Missing phonemes when converting from MusicXML to DS
Hi, what is the best way to convert a MusicXML file to a Diffsinger script? When I try this I'm getting the rror: ParamsError: The source file lacks phoneme parameters. I basically understand what this means, MusicXML doesn't provide Phoneme's natively. So, how do I do that then? I thought opencpop-extension would specify those, so they could be used? Thank you for any hint you have on this.
The source file needs to store a list of phonemes with their exact durations in the note attribute. Currently only a few project file formats have implemented this feature, such as acep, svip, tlp, etc.
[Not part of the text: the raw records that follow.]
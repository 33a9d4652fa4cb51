-- ===== src/Tests/Texts.antt =====
-- Headers, their keys and their text; and the logger.
use mongoose_cpp.Prelude.{◌≡◌, refl, true, false, List, [], ◌∷◌, some, codes, arith}
use mongoose_cpp.Table.Order.{insertion_order}
use mongoose_cpp.Http.Headers
use mongoose_cpp.Http.Headers.{Entry, default_line, get, get_view, has}
use mongoose_cpp.Http.Headers.Laws.{get_history, apply_all, setting, NamesDiffer}
use mongoose_cpp.Http.Headers.Format.{decode, decode-format}
use mongoose_cpp.Server.Logger.{log_all, register_logger, logged, IsOpen, log_all-logged}
use mongoose_cpp.Tests.Samples.{sample_headers}

get_history_example :
    (get
        (apply_all []
          (setting (codes "Host") (codes "a") ∷ setting (codes "HOST") (codes "b") ∷ []))
        (codes "host")
      ≡ some (codes "b"))
    × NamesDiffer (
        apply_all [] (setting (codes "Host") (codes "a") ∷ setting (codes "HOST") (codes "b") ∷ []))
get_history_example =
    get_history (setting (codes "Host") (codes "a") ∷ setting (codes "HOST") (codes "b") ∷ [])
      (codes "host")

decode-format_example :
    (decode (Headers.format insertion_order sample_headers true 0) ≡ some sample_headers)
    × (decode (Headers.format insertion_order sample_headers false 0) ≡ some sample_headers)
decode-format_example =
    decode-format insertion_order sample_headers 0 ((refl, refl), ((refl, refl), tt))

abbrev no_entry : List Entry
no_entry = []

log_all-logged_example :
    (logged (log_all (register_logger 4) (codes "one\ntwo")) ≡ codes "one\ntwo")
    × IsOpen 4 (log_all (register_logger 4) (codes "one\ntwo"))
log_all-logged_example = log_all-logged 4 (codes "one\ntwo") (omega arith)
Thank you for the explanation. However, I'm still not sure how to solve the problem(s) I currently have, maybe you have an idea. My workflow right now is converting MusicXML to USTX and then using Diffsinger through OpenUTAU. However OpenUtau separates syllables a bit strange, so whole words are not processed, leading to wrong pronunciations in many cases. Plus, connected notes won't sing as they should, instead the lyric la is always inserted. I had hoped to solve these, by converting directly to Diffsinger, which should be able to process whole words and connected notes. But this doesn't look like it's working - even if I convert to a format that supports those parameters in between, like SVIP or USTX, I can't continue directly to DS withouth previously running the software, to get the phonemizer add the flags. Do you have any idea what I could try to improve that? Thank you very much in advance if you have any advice, and for all your effort. I'll make a PR, as soon as I have the German translation ready.
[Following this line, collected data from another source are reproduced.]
-- ===== src/Tests/TlsMaterial.antt =====
-- TLS material that is copied, and material that is not.
use mongoose_cpp.Prelude.{◌≡◌, refl, [], ◌∷◌, ◌++◌, codes, inl, inr, List, ℕ, All}
use mathlib.Core.List.{Sublistᴰ}
use mongoose_cpp.Mongoose.{Pointer, MgStr, user, block}
use mongoose_cpp.Http.Endpoint.State.{new}
use mongoose_cpp.Http.Endpoint.Tls.{Copied, UseTls, tls, mtls, tls_view, use_all, destroy}
use mongoose_cpp.Http.Endpoint.Tls.Ownership.{frees_own_blocks, freed_blocks, NotUser}
use mongoose_cpp.Http.Endpoint.Tls.Views.{frees_views}

abbrev copy_of_key : ℕ → Copied
copy_of_key k = record { text = codes "key"; copy = record { buf = block k; bytes = codes "key" } }

abbrev both : UseTls
both = tls (copy_of_key 0) (copy_of_key 1)

abbrev three : UseTls
three = mtls (copy_of_key 2) (copy_of_key 3) (copy_of_key 4)

frees_own_blocks_example :
    All NotUser (destroy (use_all new (three ∷ both ∷ []))).0
    × Sublistᴰ (freed_blocks (destroy (use_all new (three ∷ both ∷ []))).0) (2 ∷ 3 ∷ 4 ∷ 0 ∷ 1 ∷ [])
frees_own_blocks_example = frees_own_blocks (three ∷ both ∷ []) (
    inl (
      (inr (2, refl, refl), inr (3, refl, refl), inr (4, refl, refl)),
      ((inr (0, refl, refl), inr (1, refl, refl)), tt),
    ))

abbrev view_at : ℕ → MgStr
view_at address = record { buf = user address; bytes = codes "key" }

frees_views_example :
    (others : List Pointer) × ((destroy
        (use_all new (both ∷ ([] ++ tls_view (view_at 100) (view_at 200) ∷ [])))).0
      ≡ others ++ user 100 ∷ user 200 ∷ [])
frees_views_example = frees_views new both [] (view_at 100) (view_at 200) tt
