-- ===== src/Tests/Wakeups.antt =====
-- Wake-ups: of responses that were answered, of those that stream, and of streams.
use mongoose_cpp.Prelude.{◌≡◌, ◌≤◌, length, refl, [], ◌∷◌, some, codes, pos, get_elem?}
use mongoose_cpp.Mongoose.{http_write_chunk, ok, posted}
use mongoose_cpp.Http.AsyncStream.State.{StreamState}
use mongoose_cpp.Http.AsyncResponse.State.{ResponseState}
use mongoose_cpp.Table.{find}
use mongoose_cpp.Http.Endpoint.State.{System, user_action, user_actions, send}
use mongoose_cpp.Http.Endpoint.Once.{one_wakeup}
use mongoose_cpp.Http.Endpoint.Wakeup.{handle_wakeup, internal_server_error}
use mongoose_cpp.Http.Endpoint.Wakeup.Answers.{unknown_answered_twice}
use mongoose_cpp.Http.Endpoint.Wakeup.Streaming.{stream_wakeup}
use mongoose_cpp.Tests.Samples.{sample_env, sample_stream, one_response, one_stream}

abbrev waiting : System
waiting = one_response ResponseState.pending

abbrev answered : System
answered = user_action sample_env waiting 0 (send (pos 200) (codes "hi") posted)

unknown_answered_twice_example :
    handle_wakeup 7 5 waiting
    ≡ ok (record waiting { calls = internal_server_error 7 ∷ internal_server_error 7 ∷ [] })
unfolding find
unknown_answered_twice_example = unknown_answered_twice 7 5 waiting refl refl

stream_wakeup_example :
    (s' : System) × (handle_wakeup 7 0 (one_stream StreamState.has_data) ≡ ok s')
    × (s'.calls ≡ http_write_chunk 7 (codes "some bytes") ∷ [])
    × (get_elem? s'.streams 0
        ≡ some (record (sample_stream StreamState.start) { bytes = []; state = StreamState.flush }))
    × (s'.responses ≡ [])
    × (s'.pending_responses ≡ [])
unfolding find
stream_wakeup_example =
    stream_wakeup 7 0 0 (sample_stream StreamState.has_data) (one_stream StreamState.has_data) refl
      refl

one_wakeup_example :
    length
      (user_actions sample_env waiting 0
        (send (pos 200) (codes "hi") posted ∷ send (pos 404) [] posted ∷ [])).signals
    ≤ 1
one_wakeup_example =
    one_wakeup sample_env waiting 0
      (send (pos 200) (codes "hi") posted ∷ send (pos 404) [] posted ∷ [])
musicxml represents a printed sheet music for human reader, while ustx represents an input to machine singing synthesis program. That's why they handle lyrics differently. We should have a smarter lyric conversion logic.
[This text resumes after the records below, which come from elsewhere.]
-- ===== src/Timer.antt =====
-- lib/timer/timer.c: the events that wait for the core timer, a list in the order of their clocks.
-- The list that `events.head` begins is a list of events; the count of the clock (`get_timer`), the
-- allocation of an event and the run of a callback are arguments.
pub mod Order
pub mod Due
mod Tests
use oscs25_labs.Base.{
  ℕ, zero, suc, ◌+◌, ◌-◌, ◌%◌, ◌^◌, Bool, true, false, not, Option, none, some, List, [], ◌∷◌, ltb,
  leb, ◌==◌, ◌>>=◌, if◌then◌else◌,
}

-- `callback_func` and `args` are addresses.
pub record TimerEvent : Type 0 where
  pub target_clock : ℕ
  pub callback_func : ℕ
  pub args : ℕ

-- The queue of events, the compare register `cntp_cval_el0`, the enable bit of `cntp_ctl_el0`, and
-- `timer_mask` of the running workload.
pub record Timer : Type 0 where
  pub events : List TimerEvent
  pub initialized : Bool
  pub cval : ℕ
  pub enabled : Bool
  pub timer_mask : Bool

abbrev pub timer_interrupt_min_interval : ℕ
timer_interrupt_min_interval = 10

unfoldable pub config_core_timer : Bool → Timer → Timer
config_core_timer enable t = record t { enabled = enable; timer_mask = not enable }

unfoldable pub init_core_timer : Timer → Timer
init_core_timer t = config_core_timer false (record t { events = []; initialized = true })

-- `current` is the count that the call of `get_timer` reads.
unfoldable pub set_timeout : (current target_cval : ℕ) → Timer → Timer
set_timeout current target_cval t =
    let soon = (current + timer_interrupt_min_interval) % 2 ^ 64 in
    record t { cval = if leb target_cval soon then soon else target_cval }

-- The walk to the first event that is due later, and the links written there.
unfoldable pub insert_event : TimerEvent → List TimerEvent → List TimerEvent
insert_event new_event [] = new_event ∷ []
insert_event new_event (iter ∷ next) =
    let behind = insert_event new_event next in
    if ltb new_event.target_clock iter.target_clock then new_event ∷ iter ∷ next else iter ∷ behind

-- Whether the walk stops at the head, with `prev` still `NULL`.
unfoldable pub goes_first : TimerEvent → List TimerEvent → Bool
goes_first new_event [] = true
goes_first new_event (iter ∷ next) = ltb new_event.target_clock iter.target_clock

-- `current` and `later` are the counts at the two calls of `get_timer`; `allocated` is whether
-- `dyna_alloc` returns an event. The result is the one returned, 0 for success.
unfoldable pub add_timer_event :
    (allocated : Bool) (current later offset callback_func args : ℕ) → Timer → ℕ × Timer
add_timer_event allocated current later offset callback_func args t =
    let new_event : TimerEvent = record {
      target_clock = (current + offset) % 2 ^ 64;
      callback_func = callback_func;
      args = args;
    } in
    let t₁ = config_core_timer false t in
    let t₂ = record t₁ { events = insert_event new_event t.events } in
    let t₃ =
      if goes_first new_event t.events then set_timeout later new_event.target_clock t₂ else t₂ in
    if not t.initialized
    then (1, t)
    else if not allocated
    then (1, t)
    else (0, config_core_timer true t₃)

-- One turn of the loop of the handler. `run` is the call of an event's callback, which may add events
-- and changes what else there is (`World`).
unfoldable pub due_step :
    {World : Type 0}
    → (World × Timer → Option (World × Timer))
    → (TimerEvent → World × Timer → World × Timer)
    → (current_count : ℕ) → List TimerEvent
    → World × Timer
    → Option (World × Timer)
due_step again run current_count [] s = some s
due_step again run current_count (head ∷ next) (w, t) =
    let rest = again (run head (w, record t { events = next })) in
    if ltb current_count head.target_clock then some (w, t) else rest

-- `none` is a loop that has not ended after `n` turns.
unfoldable pub due_loop :
    {World : Type 0}
    → (TimerEvent → World × Timer → World × Timer)
    → ℕ
    → (current_count : ℕ) → World × Timer
    → Option (World × Timer)
due_loop run zero current_count s = none
due_loop run (suc n) current_count (w, t) =
    due_step (due_loop run n current_count) run current_count t.events (w, t)

unfoldable pub arm : (later : ℕ) → List TimerEvent → Timer → Timer
arm later [] t = t
arm later (head ∷ next) t = config_core_timer true (set_timeout later head.target_clock t)

-- `later` is the count that `set_timeout` reads.
unfoldable pub timer_interrupt_handler :
    {World : Type 0}
    → (TimerEvent → World × Timer → World × Timer)
    → ℕ
    → (current_count later : ℕ) → World × Timer
    → Option (World × Timer)
timer_interrupt_handler run n current_count later s = do
  (w, t) ← due_loop run n current_count s
  some (w, arm later t.events t)

-- `tick` is the address of `tick_callback`.
unfoldable pub drop_ticks : (tick : ℕ) → List TimerEvent → List TimerEvent
drop_ticks tick [] = []
drop_ticks tick (head ∷ next) =
    let rest = drop_ticks tick next in if head.callback_func == tick then rest else head ∷ next

-- The walk behind the head, which keeps `iter` and unlinks the ticks that follow it.
unfoldable pub unlink_ticks : (tick : ℕ) → List TimerEvent → List TimerEvent
unlink_ticks tick [] = []
unlink_ticks tick (iter ∷ next) =
    let rest = unlink_ticks tick next in if iter.callback_func == tick then rest else iter ∷ rest

unfoldable pub clear_rest : (tick : ℕ) → List TimerEvent → Timer → Timer
clear_rest tick [] t = record t { events = [] }
clear_rest tick (head ∷ next) t =
    config_core_timer true (record t { events = head ∷ unlink_ticks tick next })

-- The function compares with `tick_callback`, whatever callback it is given.
unfoldable pub clear_timer_event : (tick callback_func : ℕ) → Timer → Timer
clear_timer_event tick callback_func t =
    clear_rest tick (drop_ticks tick t.events) (config_core_timer false t)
For multisyllable lyrics: In OpenUtau, we have to input the whole word in the first note, use + to distribute syllable and use +~ to extend the current syllable, which is different from a printed sheet music.
For "connected notes" (in OpenUtau we call them slur notes), they are represented in sheet music as two notes connected with a slur symbol:
In OpenUtau, input lyrics on the first note, and input +~ on the second note.
@oxygen-dioxide Thank you for pointing that out - maybe I should give some more context why I created this issue: I'm blind, and use a a screenreader, therefore the images you sent don't really help me. I'm familiar with sheet music and work with Musescore a lot, but new to SVS. Since OpenUTAU isn't really accessible, I wouldn't use it if I didn't have to, it's for me nothing more than a middleware between MusicXML and Diffsinger. Because of this, I was hoping to be able to convert MusicXML directly to DS, so asked this. But as SoulMelody wrote, this is because of the missing parameters not possible. Since I neither know if Diffscope's already finished, nor does LibreSVIP support the dsp format, it looks like I still need to keep with OpenUTAU for my Diffsinger creations. I have very limited access to it, selecting a singer and Phonemizer works, but I can forget about the editor. That's why your hint with +~ for slur notes was already very valuable. LibreSVIP doesn't insert it, instead it inserts la. However I tried it, and now after each command I run:
sed -i 's/\blyric: la\b/lyric: +~/g' file.ustx
That fixes the slurs - however since this was not very intuitive, maybe LibreSVIP could do that in the future automatically. As for words with more than one syllable: The info that a + is used is already good to know, but having to go through the whole file and insert it everywhere inside of the words would need much time, as this needs a manual process. If the lyric handling could get smarter, it could save a lot of time. Thank you again, +~ already was very helpful, and maybe we can simplify this process in the future more. Have a mery christmas!